In the wake of a last-minute campaign that appears to be aimed at raising the possibility of the Camden County Commission imposing a utility tax, the presiding commissioner says the allegation isn’t true.

In the wake of a last-minute campaign that appears to be aimed at raising the possibility of the Camden County Commission imposing a utility tax, the presiding commissioner says the allegation isn’t true.

Presiding Commissioner Greg Hasty denied the allegation that the county commission was considering imposing a utility tax on services such as electric, natural gas, water and other utilities to raise additional revenue for Camden County.

The allegation has been posted on social media, flyers and an ad being distributed in Camden County over the course of the last several days. The information being distributed cites Missouri law that allows commissions to impose a utility tax without a vote of the citizens.

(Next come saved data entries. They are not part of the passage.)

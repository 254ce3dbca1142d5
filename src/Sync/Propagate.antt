-- ===== src/Sync/Propagate.antt =====
-- What `propagateOptimisticState` copies.
use mathlib.Core.Path.{subst}
use zeropool_relayer.Base.{
  ℕ, zero, suc, ◌+◌, ◌-◌, ◌*◌, ◌/◌, ◌≤◌, ◌<◌, ◌≡◌, refl, sym, ◌∙◌, Bool, true, false, ◌&&◌, Text,
  ◌∷◌, some, ok, ltb, leb, ◌==◌, if◌then◌else◌, max, arith, Bool-cases, inl, inr,
}
use zeropool_relayer.Numerals.{Numerals}
use zeropool_relayer.State.Services.{Storage, RedisSet}
use zeropool_relayer.State.PoolState.{
  PoolState, update_state, get_db_tx, get_next_index, add_tx, add_commitment,
}
use zeropool_relayer.Sync.{
  BasePool, copy_txs, stored_commit, propagate_to, propagate_optimistic_state,
  set_last_confirmed_tx_block,
}

module _ (num : Numerals) (st : Storage) (r : RedisSet) (hex_to_number : Text → ℕ) where
  get-update_state :
      (s : PoolState st r) (i : ℕ) (commit tx : Text) (j : ℕ)
      → get_db_tx st r (update_state st r s i commit tx) j
        ≡ (if i * 128 == j then some tx else get_db_tx st r s j)
  unfolding get_db_tx update_state add_tx add_commitment
  get-update_state s i commit tx j = st.get-add s.txs (i * 128) j tx

  next-update_state :
      (s : PoolState st r) (i : ℕ) (commit tx : Text)
      → get_next_index st r (update_state st r s i commit tx)
        ≡ max (get_next_index st r s) (i * 128 + 128)
  unfolding get_next_index update_state add_tx add_commitment
  next-update_state s i commit tx = st.add_commitment_next s.tree i commit

  -- One of the indices i * 128, … of `count` transactions from i on.
  abbrev pub copied : ℕ → ℕ → ℕ → Bool
  copied count i j = leb (i * 128) j && (ltb j ((i + count) * 128) && j / 128 * 128 == j)

  -- A transaction of the optimistic state that a copy accepts.
  abbrev pub IsStored : PoolState st r → ℕ → Type 0
  IsStored optimistic i =
      (c : ℕ) × (t : Text) × (get_db_tx st r optimistic (i * 128) ≡ some (c ∷ t))

  copied_step :
      (count i j : ℕ)
      → copied (suc count) i j ≡ (if i * 128 == j then true else copied count (suc i) j)
  copied_step count i j = ground arith

  -- Where all transactions are there, the loop copies them.
  copy_txs_total :
      (optimistic : PoolState st r) (count i : ℕ) (s : PoolState st r)
      → ((k : ℕ) → i ≤ k → k < i + count → IsStored optimistic k)
      → (copy_txs num st r hex_to_number optimistic count i s).1 ≡ ok tt
  unfolding copy_txs
  copy_txs_total optimistic zero i s all = refl
  copy_txs_total optimistic (suc count) i s all =
      let (c, t, e) = all i (omega arith) (omega arith) in
      rw (e, copy_txs)
        (copy_txs_total optimistic count (suc i) _
          (λ k low high. all k (omega arith) (omega arith)))

  if_same : {A : Type 0} (b : Bool) (x : A) → (if b then x else x) ≡ x
  if_same true x = refl
  if_same false x = refl

  get-copy_txs :
      (optimistic : PoolState st r) (count i : ℕ) (s : PoolState st r) (j : ℕ)
      → ((k : ℕ) → i ≤ k → k < i + count → IsStored optimistic k)
      → get_db_tx st r (copy_txs num st r hex_to_number optimistic count i s).0 j
        ≡ (if copied count i j then get_db_tx st r optimistic j else get_db_tx st r s j)
  unfolding copy_txs
  get-copy_txs optimistic zero i s j all =
      let none_copied : copied 0 i j ≡ false = ground arith in rw none_copied refl
  get-copy_txs optimistic (suc count) i s j all =
      let (c, t, e) = all i (omega arith) (omega arith) in
      let rest =
        get-copy_txs optimistic count (suc i)
          (update_state st r s i (stored_commit num hex_to_number (c ∷ t)) (c ∷ t)) j
          (λ k low high. all k (omega arith) (omega arith)) in
      elim (Bool-cases (i * 128 == j)) [
        | inl f ↦
            let same : i * 128 ≡ j = ground arith in
            let set = get-update_state s i (stored_commit num hex_to_number (c ∷ t)) (c ∷ t) j in
            let held : get_db_tx st r optimistic j ≡ some (c ∷ t) = rw (← same) e in
            rw (e, copy_txs, rest, set, f, held, copied_step count i j, f) (if_same _ _)
        | inr f ↦
            let set = get-update_state s i (stored_commit num hex_to_number (c ∷ t)) (c ∷ t) j in
            rw (e, copy_txs, rest, set, f, copied_step count i j, f) refl
      ]

  next-copy_txs :
      (optimistic : PoolState st r) (count i : ℕ) (s : PoolState st r)
      → ((k : ℕ) → i ≤ k → k < i + suc count → IsStored optimistic k)
      → get_next_index st r s ≤ i * 128 + 128
      → get_next_index st r (copy_txs num st r hex_to_number optimistic (suc count) i s).0
        ≡ (i + suc count) * 128
  unfolding copy_txs
  next-copy_txs optimistic zero i s all low =
      let (c, t, e) = all i (omega arith) (omega arith) in
      rw (e, copy_txs, next-update_state s i (stored_commit num hex_to_number (c ∷ t)) (c ∷ t))
        (omega arith)
  next-copy_txs optimistic (suc count) i s all low =
      let (c, t, e) = all i (omega arith) (omega arith) in
      let next = next-update_state s i (stored_commit num hex_to_number (c ∷ t)) (c ∷ t) in
      rw (e, copy_txs)
        (next-copy_txs optimistic count (suc i) _ (λ k lo hi. all k (omega arith) (omega arith))
            (rw next (omega arith))
          ∙ omega arith)

  abbrev pub state_index : BasePool st r → ℕ
  state_index p = get_next_index st r p.state / 128

  -- What the pool is after a propagation up to `index` that found all transactions.
  pub record Propagated (p : BasePool st r) (index block : ℕ) (q : BasePool st r) : Type 0 where
    pub txs :
        (j : ℕ)
        → get_db_tx st r q.state j ≡ (
            if copied (index - state_index p) (state_index p) j
            then get_db_tx st r p.optimistic j
            else get_db_tx st r p.state j)
    pub next : state_index p < index → get_next_index st r q.state ≡ index * 128
    pub kept : index ≤ state_index p → q.state ≡ p.state
    pub optimistic : q.optimistic ≡ p.optimistic
    pub last_block : q.last_confirmed_tx_block ≡ max p.last_confirmed_tx_block block

  block_max : (a b : ℕ) → set_last_confirmed_tx_block a b ≡ max b a
  unfolding set_last_confirmed_tx_block
  block_max a b = ground arith

  nothing_copied :
      (optimistic : PoolState st r) (count i : ℕ) (s : PoolState st r)
      → count ≡ 0
      → (copy_txs num st r hex_to_number optimistic count i s).0 ≡ s
  unfolding copy_txs
  nothing_copied optimistic count i s e = rw (e, copy_txs) refl

  next_after :
      (p : BasePool st r) (index : ℕ)
      → ((k : ℕ) → state_index p ≤ k → k < index → IsStored p.optimistic k)
      → state_index p < index
      → get_next_index st r
          (copy_txs num st r hex_to_number p.optimistic
            (index - state_index p)
            (state_index p)
            p.state).0
        ≡ index * 128
  next_after p index all more =
      let n = index - state_index p - 1 in
      let count : index - state_index p ≡ suc n = omega arith in
      rw count (
        next-copy_txs p.optimistic n (state_index p) p.state (λ k lo hi. all k lo (omega arith))
          (omega arith)
        ∙ omega arith)

  propagate_to_lem :
      (p : BasePool st r) (index block : ℕ)
      → index ≤ get_next_index st r p.optimistic / 128
      → ((k : ℕ) → state_index p ≤ k → k < index → IsStored p.optimistic k)
      → let result = propagate_to num st r hex_to_number index block p in
        (result.1 ≡ ok tt) × Propagated p index block result.0
  unfolding propagate_to
  propagate_to_lem p index block reached all =
      let inside : ltb (get_next_index st r p.optimistic / 128) index ≡ false = ground arith in
      let count = index - state_index p in
      let found : (k : ℕ)
          → state_index p ≤ k
          → k < state_index p + count
          → IsStored p.optimistic k =
        λ k lo hi. all k lo (omega arith) in
      let done = copy_txs_total p.optimistic count (state_index p) p.state found in
      rw (inside, done, propagate_to)
        (
          refl,
          record {
            txs = λ j. get-copy_txs p.optimistic count (state_index p) p.state j found;
            next = λ more. next_after p index all more;
            kept = λ less. nothing_copied p.optimistic count (state_index p) p.state (omega arith);
            optimistic = refl;
            last_block = block_max block p.last_confirmed_tx_block;
          },
        )

  -- The propagation up to an index of the contract that the optimistic state has reached returns, where
  -- the optimistic state holds every transaction from the confirmed index to it: the confirmed state
  -- then holds these transactions and otherwise what it held, and its next index is that index if it
  -- was below; if it was not, the confirmed state stays. The optimistic state stays, and the last
  -- confirmed block never falls.
  pub propagate_optimistic_state_lem :
      (p : BasePool st r) (index block : ℕ)
      → index ≤ get_next_index st r p.optimistic / 128
      → ((k : ℕ) → state_index p ≤ k → k < index → IsStored p.optimistic k)
      → let result = propagate_optimistic_state num st r hex_to_number (index * 128) block p in
        (result.1 ≡ ok tt) × Propagated p index block result.0
  unfolding propagate_optimistic_state
  propagate_optimistic_state_lem p index block reached all =
      let whole : index * 128 / 128 ≡ index = omega arith in
      subst
        (λ i.
          ((propagate_to num st r hex_to_number i block p).1 ≡ ok tt)
          × Propagated p index block (propagate_to num st r hex_to_number i block p).0)
        (sym whole) (propagate_to_lem p index block reached all)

The timing of the information comes within a week of the Aug. 7 primary. Hasty is running for Republican nomination to retain his seat as presiding commissioner against Republican James Rericha. Hasty was elected to his first term as presiding commissioner in 2014.  

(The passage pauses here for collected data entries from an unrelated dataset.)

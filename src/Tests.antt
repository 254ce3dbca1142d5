-- ===== src/Tests.antt =====
-- Inputs at which the theorems apply.
mod Data
mod Pools
mod States
mod Sender
mod Fees
mod Formats
mod Caches
mod Syncs
mod Services
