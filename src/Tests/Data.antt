-- ===== src/Tests/Data.antt =====
-- Inputs for the witnesses: services that answer yes, and a transfer of nothing.
use zeropool_relayer.Base.{
  pos, ℕ, true, false, Text, codes, [], ◌∷◌, ◌++◌, drop, replicate, none, some, ok,
}
use zeropool_relayer.Helpers.Hex.{SnarkProof}
use zeropool_relayer.Helpers.TxTypes.{transfer}
use zeropool_relayer.Numerals.Value.{value}
use zeropool_relayer.Pool.Amounts.{PoolConfig}
use zeropool_relayer.Pool.Relay.{Indexer}
use zeropool_relayer.Pool.Types.{Proof, PoolTx, Delta, Services, OptionalChecks, ProcessResult}
use zeropool_relayer.State.Services.{simple_storage, function_set}
use zeropool_relayer.State.PoolState.{PoolState}
use zeropool_relayer.Validation.Caps.{Limits}

abbrev pub one : Text
one = codes "1"

abbrev pub limits : Limits
limits = record {
  tvl_cap = pos 1000;
  tvl = pos 0;
  daily_deposit_cap = pos 100;
  daily_deposit_cap_usage = pos 0;
  daily_withdrawal_cap = pos 100;
  daily_withdrawal_cap_usage = pos 0;
  daily_user_deposit_cap = pos 50;
  daily_user_deposit_cap_usage = pos 0;
  deposit_cap = pos 40;
  tier = pos 0;
  daily_user_direct_deposit_cap = pos 10;
  daily_user_direct_deposit_cap_usage = pos 0;
  direct_deposit_cap = pos 5;
}

abbrev pub no_delta : Delta
no_delta = record {
  transfer_index = pos 0;
  energy_amount = pos 0;
  token_amount = pos 0;
  pool_id = pos 0;
}

abbrev pub services : Services
services = record {
  parse_delta = λ s. no_delta;
  verify_proof = λ p inputs. true;
  to_bn = λ s. value 16 (drop 2 s);
  buffer_from_hex = λ s. replicate 60 0;
  bytes_to_hex = λ b. codes "0xaa";
  to_checksum_address = λ s. s;
  recover = λ m s. ok (codes "0xaa");
  contract_nullifier = λ s. ok (pos 0);
  balance_of = λ s. ok (pos 1000);
  get_limits_for = λ s. ok limits;
  screener = λ s. some false;
  pool_address = codes "0xbb";
  now_ms = 1000;
  permit_recover = none;
}

abbrev pub indexer : Indexer
indexer = record { info = ok (pos 0); root = λ i. ok (0 ∷ []) }

abbrev pub checks : OptionalChecks
checks = record { fee = none; screener = false }

abbrev pub config : PoolConfig
config = record {
  denominator = 1;
  pool_id = pos 0;
  own_address = codes "0xAA";
  max_native_amount = pos 0;
  deadline_threshold = 0;
}

abbrev pub snark_proof : SnarkProof
snark_proof = record {
  a0 = one;
  a1 = one;
  b00 = one;
  b01 = one;
  b10 = one;
  b11 = one;
  c0 = one;
  c1 = one;
}

abbrev pub proof : Proof
proof = record { proof = snark_proof; inputs = (0 ∷ []) ∷ one ∷ one ∷ one ∷ one ∷ [] }

abbrev pub tx : PoolTx
tx = record {
  proof = proof;
  memo = replicate 30 b'0';
  tx_type = transfer;
  deposit_signature = none;
}

abbrev pub tx_v2 : PoolTx
tx_v2 = record tx { memo = replicate 120 b'0' ++ codes "0002" }

abbrev pub sent_result : ProcessResult
sent_result = record {
  calldata = codes "0x";
  func = "transact()";
  nullifier = some one;
  out_commit = one;
  memo = codes "ab";
  commit_index = 0;
}

-- A tree of `n` leaves, no transaction and no nullifier.
abbrev pub state : ℕ → PoolState simple_storage function_set
state n = record { tree = (n, λ i. []); txs = λ i. none; nullifiers = λ s. false }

Statements in the information being handed out cite the impact a utility tax would have on low income families and seniors and slams commissioners for considering the tax.

Rericha said his campaign was not involved. He said he  had no knowledge of who created or posted the utility tax flyers.

Exactly who is behind the distributing the information is unclear. An ad running in the Lake Sun was paid for by an individual citizen.

Although state law does allow a county  to do that if an ordinance is approved by the commission, Hasty said the Camden County is not considering a utility tax.

Although Hasty declined to do an interview, saying he did not have time, he did respond with an emailed statement.

“An attorney brought this to the commission about a year or so ago. We looked into it to see if it was legal. After some discussion, this issue was dropped, because no commissioner would consider this tax without a vote of the people,” according to Hasty.

Hasty did not provide any additional information about when the commission discussed the utility tax. There were references made about the utility tax in two stories on a local radio station.

Missouri Statue 144.032 revised in 2005  allows for such a tax to be imposed by the county and would be collected just like a sales tax by the utility companies remitted and administered by the Department of Revenue.  The DOR would then remit the funds to the County Treasurer.